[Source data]
▬▬▬

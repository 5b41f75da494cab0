-- ===== src/Skills/Walk/Shadowing.antt =====
-- Which external skills `BuildSkills` adds to the local ones.
use neuralgentics_broker.Prelude.{
  String, ◌≡◌, refl, sym, ap, inl, inr, false, ◌&&◌, ◌||◌, List, [], ◌∷◌, ◌++◌, arith, ◌==◌, eq_iff,
  Bool-cases, elem, elem-append,
}
use mathlib.Core.List.{append-nil}
use neuralgentics_broker.Skills.{SkillSummary, ScopeFile, load_scope}
use neuralgentics_broker.Skills.Tags.{merge_tags}
use neuralgentics_broker.Skills.Local.{Builder, Files, filtered_out, walk_local_skills, collect_all}
use neuralgentics_broker.Skills.External.{
  take_skill, take_skills, walk_external_skills, Taken, repo_skills,
}
use neuralgentics_broker.Skills.Walk.{build_skills, names_of, scope_or_open}

abbrev pub Distinct : List String → Type 0
Distinct [] = Unit
Distinct (x ∷ xs) = (elem x xs ≡ false) × Distinct xs

Distinct-append :
    (xs : List String) (p : String) → Distinct xs → elem p xs ≡ false → Distinct (xs ++ p ∷ [])
Distinct-append [] p d n = (refl, tt)
Distinct-append (x ∷ xs) p d n =
    ground (arith, eq_iff p x, eq_iff x p, elem-append x xs (p ∷ []), Distinct-append xs p d.1)

names_of-append :
    (xs : List SkillSummary) (s : SkillSummary)
    → names_of (xs ++ s ∷ []) ≡ names_of xs ++ s.name ∷ []
names_of-append [] s = refl
names_of-append (x ∷ xs) s = ap (◌∷◌ x.name) (names_of-append xs s)

-- The names seen are those of the skills taken and those seen at the start, which are apart.
record IsFresh (start : List String) (acc : Taken) : Type 0 where
  covers : (n : String) → elem n acc.0 ≡ (elem n (names_of acc.1) || elem n start)
  distinct : Distinct (names_of acc.1)
  apart : (n : String) → (elem n start && elem n (names_of acc.1)) ≡ false

module _ (start : List String) (role : String) (scope : ScopeFile) where
  taken-IsFresh :
      (seen : List String) (skills : List SkillSummary) (s : SkillSummary)
      → elem s.name seen ≡ false
      → IsFresh start (seen, skills)
      → IsFresh start (s.name ∷ seen, skills ++ s ∷ [])
  taken-IsFresh seen skills s n h = record {
    covers = λ m.
        rw (names_of-append skills s)
          (ground (arith, h.covers m, elem-append m (names_of skills) (s.name ∷ [])));
    distinct =
        rw (names_of-append skills s)
          (Distinct-append (names_of skills) s.name h.distinct (ground (arith, h.covers s.name)));
    apart = λ m. rw (names_of-append skills s) (
        ground (
          arith,
          h.apart m,
          h.covers m,
          eq_iff s.name m,
          elem-append m (names_of skills) (s.name ∷ []),
        ));
  }

  take_skill-IsFresh :
      (acc : Taken) (s : SkillSummary)
      → IsFresh start acc
      → IsFresh start (take_skill role scope acc s)
  unfolding take_skill
  take_skill-IsFresh (seen, skills) s h = elim (Bool-cases (elem s.name seen)) [
    | inl e ↦ rw e h
    | inr n ↦ elim (Bool-cases (filtered_out role scope (merge_tags s.tags role scope).1)) [
      | inl out ↦ rw (n, out) h
      | inr shown ↦ rw (n, shown) (taken-IsFresh seen skills _ n h)
    ]
  ]

  take_skills-IsFresh :
      (acc : Taken) (ss : List SkillSummary)
      → IsFresh start acc
      → IsFresh start (take_skills role scope acc ss)
  unfolding take_skills
  take_skills-IsFresh acc [] h = h
  take_skills-IsFresh acc (s ∷ ss) h =
      take_skills-IsFresh (take_skill role scope acc s) ss (take_skill-IsFresh acc s h)

-- The external skills that `BuildSkills` lists for a role have each a name of its own, and none has the name
-- of a local skill that is listed for the role. They stand behind those local ones, which are as the walk
-- found them.
pub build_skills-Distinct :
    (f : Files) (b : Builder) (role root : String)
    → let local = walk_local_skills f root role (scope_or_open (load_scope f.0 root)) in
      (external : List SkillSummary) × ((build_skills f b role root).skills ≡ local ++ external)
      × Distinct (names_of external)
      × ((n : String) → (elem n (names_of local) && elem n (names_of external)) ≡ false)
unfolding build_skills walk_external_skills
build_skills-Distinct f b role root =
    let scope = scope_or_open (load_scope f.0 root) in
    let local = walk_local_skills f root role scope in
    let start : IsFresh (names_of local) (names_of local, []) = record {
      covers = λ n. refl;
      distinct = tt;
      apart = λ n. ground arith;
    } in
    elim (Bool-cases (b.external_dir == "")) [
      | inl none_set ↦ rw none_set ([], sym (append-nil local), tt, λ n. ground arith)
      | inr set ↦
          let acc =
            take_skills role scope (names_of local, [])
              (collect_all (repo_skills f b) b.manifest) in
          let h =
            take_skills-IsFresh (names_of local) role scope (names_of local, [])
              (collect_all (repo_skills f b) b.manifest) start in
          rw set (acc.1, refl, h.distinct, h.apart)
    ]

▬▬▬

▶ Work item
Every line in the data above that includes the word "covers" should be copied.

▶ Written solution
  covers : (n : String) → elem n acc.0 ≡ (elem n (names_of acc.1) || elem n start)
    covers = λ m.
          (ground (arith, h.covers m, elem-append m (names_of skills) (s.name ∷ [])));
          (Distinct-append (names_of skills) s.name h.distinct (ground (arith, h.covers s.name)));
          h.covers m,
      covers = λ n. refl;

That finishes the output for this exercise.